*What is needed*
Beginning with the first entry, set down each one exactly as shown.
*** Provided records ***
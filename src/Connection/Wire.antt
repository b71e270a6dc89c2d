-- ===== src/Connection/Wire.antt =====
-- What two peers send each other before the message queues run: the messages of the handshake, sealed or
-- not. A sealed packet stands for the bytes that GCM makes of a message under a key and a vector: who
-- reads it under the same two has the message, and under others, or without them, an exception.
use openbookfs.Prelude.{
  ℕ, ◌==◌, ◌&&◌, if◌then◌else◌, Bool, true, false, List, [], ◌∷◌, ◌++◌, Option, none, some, String,
}
use openbookfs.Marshall.{Byte}

pub data Message : Type 0 where
  msg_leader_elect : ℕ → Message
  msg_key_exchange : List Byte → List Byte → Message
  msg_cek : List Byte → List Byte → List Byte → Message
  msg_auth_req : String → String → Message
  msg_auth_challenge : List Byte → Message
  msg_auth_soln : List Byte → Message
  msg_auth_result : Bool → Message
  other_message : ℕ → Message

pub data Packet : Type 0 where
  plain : Message → Packet
  sealed : List Byte → List Byte → Message → Packet

-- The members of a connection that the handshake uses, with the packets that come in and go out.
pub record Peer : Type 0 where
  pub is_remote : Bool
  pub is_ui : Bool
  pub cek : List Byte
  pub iv : List Byte
  pub aes : Option (List Byte × List Byte)
  pub incoming : List Packet
  pub sent : List Packet

-- A step of the handshake returns, throws, or waits for a packet.
pub data Heard (A : Type 0) : Type 0 where
  heard : A → Peer → Heard A
  failed : Peer → Heard A
  waiting : Peer → Heard A

abbrev pub Talk : Type 0 → Type 0
Talk A = Peer → Heard A

abbrev pub pure : {A : Type 0} → A → Talk A
pure a p = heard a p

abbrev pub bind_heard : {A B : Type 0} → Heard A → (A → Talk B) → Heard B
bind_heard (heard a q) f = f a q
bind_heard (failed q) f = failed q
bind_heard (waiting q) f = waiting q

infixl 5 ◌>>=◌ ◌>>◌
abbrev pub ◌>>=◌ : {A B : Type 0} → Talk A → (A → Talk B) → Talk B
◌>>=◌ m f p = bind_heard (m p) f

abbrev pub ◌>>◌ : {B : Type 0} → Talk (Unit {0}) → Talk B → Talk B
m >> k = m >>= λ _. k

abbrev pub throw : {A : Type 0} → Talk A
throw p = failed p

abbrev pub throw_if : Bool → Talk (Unit {0})
throw_if true p = failed p
throw_if false p = heard tt p

abbrev pub update : (Peer → Peer) → Talk (Unit {0})
update f p = heard tt (f p)

abbrev pub gets : {A : Type 0} → (Peer → A) → Talk A
gets f p = heard (f p) p

unfoldable pub same_bytes : List Byte → List Byte → Bool
same_bytes [] [] = true
same_bytes [] (y ∷ ys) = false
same_bytes (x ∷ xs) [] = false
same_bytes (x ∷ xs) (y ∷ ys) = x == y && same_bytes xs ys

-- Marshall::writeMsg, unsealed or under the key of initAES
unfoldable pub write_msg : Message → Bool → Talk (Unit {0})
write_msg m false p = heard tt (record p { sent = p.sent ++ plain m ∷ [] })
write_msg m true p = elim p.aes [
  | none ↦ failed p
  | some key ↦ heard tt (record p { sent = p.sent ++ sealed key.0 key.1 m ∷ [] })
]

abbrev pub open_under : Option (List Byte × List Byte) → List Byte → List Byte → Bool
open_under none key iv = false
open_under (some mine) key iv = same_bytes mine.0 key && same_bytes mine.1 iv

abbrev pub read_packet : Bool → List Packet → Talk Message
read_packet encrypted [] p = waiting p
read_packet false (plain m ∷ ps) p = heard m (record p { incoming = ps })
read_packet true (plain m ∷ ps) p = failed p
read_packet false (sealed key iv m ∷ ps) p = failed p
read_packet true (sealed key iv m ∷ ps) p =
    if open_under p.aes key iv then heard m (record p { incoming = ps }) else failed p

-- Marshall::read
unfoldable pub read : Bool → Talk Message
read encrypted p = read_packet encrypted p.incoming p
*** End of Provided records ***
*Task output*
filename src/Connection/Wire.antt
repository b71e270a6dc89c2d
-- ===== src/Connection/Wire.antt =====
-- What two peers send each other before the message queues run: the messages of the handshake, sealed or
-- not. A sealed packet stands for the bytes that GCM makes of a message under a key and a vector: who
-- reads it under the same two has the message, and under others, or without them, an exception.
use openbookfs.Prelude.{
  ℕ, ◌==◌, ◌&&◌, if◌then◌else◌, Bool, true, false, List, [], ◌∷◌, ◌++◌, Option, none, some, String,
}
use openbookfs.Marshall.{Byte}

pub data Message : Type 0 where
  msg_leader_elect : ℕ → Message
  msg_key_exchange : List Byte → List Byte → Message
  msg_cek : List Byte → List Byte → List Byte → Message
  msg_auth_req : String → String → Message
  msg_auth_challenge : List Byte → Message
  msg_auth_soln : List Byte → Message
  msg_auth_result : Bool → Message
  other_message : ℕ → Message

pub data Packet : Type 0 where
  plain : Message → Packet
  sealed : List Byte → List Byte → Message → Packet

-- The members of a connection that the handshake uses, with the packets that come in and go out.
pub record Peer : Type 0 where
  pub is_remote : Bool
  pub is_ui : Bool
  pub cek : List Byte
  pub iv : List Byte
  pub aes : Option (List Byte × List Byte)
  pub incoming : List Packet
  pub sent : List Packet

-- A step of the handshake returns, throws, or waits for a packet.
pub data Heard (A : Type 0) : Type 0 where
  heard : A → Peer → Heard A
  failed : Peer → Heard A
  waiting : Peer → Heard A

abbrev pub Talk : Type 0 → Type 0
Talk A = Peer → Heard A

abbrev pub pure : {A : Type 0} → A → Talk A
pure a p = heard a p

abbrev pub bind_heard : {A B : Type 0} → Heard A → (A → Talk B) → Heard B
bind_heard (heard a q) f = f a q
bind_heard (failed q) f = failed q
bind_heard (waiting q) f = waiting q

infixl 5 ◌>>=◌ ◌>>◌
abbrev pub ◌>>=◌ : {A B : Type 0} → Talk A → (A → Talk B) → Talk B
◌>>=◌ m f p = bind_heard (m p) f

abbrev pub ◌>>◌ : {B : Type 0} → Talk (Unit {0}) → Talk B → Talk B
m >> k = m >>= λ _. k

abbrev pub throw : {A : Type 0} → Talk A
throw p = failed p

abbrev pub throw_if : Bool → Talk (Unit {0})
throw_if true p = failed p
throw_if false p = heard tt p

abbrev pub update : (Peer → Peer) → Talk (Unit {0})
update f p = heard tt (f p)

abbrev pub gets : {A : Type 0} → (Peer → A) → Talk A
gets f p = heard (f p) p

unfoldable pub same_bytes : List Byte → List Byte → Bool
same_bytes [] [] = true
same_bytes [] (y ∷ ys) = false
same_bytes (x ∷ xs) [] = false
same_bytes (x ∷ xs) (y ∷ ys) = x == y && same_bytes xs ys

-- Marshall::writeMsg, unsealed or under the key of initAES
unfoldable pub write_msg : Message → Bool → Talk (Unit {0})
write_msg m false p = heard tt (record p { sent = p.sent ++ plain m ∷ [] })
write_msg m true p = elim p.aes [
  | none ↦ failed p
  | some key ↦ heard tt (record p { sent = p.sent ++ sealed key.0 key.1 m ∷ [] })
]

abbrev pub open_under : Option (List Byte × List Byte) → List Byte → List Byte → Bool
open_under none key iv = false
open_under (some mine) key iv = same_bytes mine.0 key && same_bytes mine.1 iv

abbrev pub read_packet : Bool → List Packet → Talk Message
read_packet encrypted [] p = waiting p
read_packet false (plain m ∷ ps) p = heard m (record p { incoming = ps })
read_packet true (plain m ∷ ps) p = failed p
read_packet false (sealed key iv m ∷ ps) p = failed p
read_packet true (sealed key iv m ∷ ps) p =
    if open_under p.aes key iv then heard m (record p { incoming = ps }) else failed p

-- Marshall::read
unfoldable pub read : Bool → Talk Message
read encrypted p = read_packet encrypted p.incoming p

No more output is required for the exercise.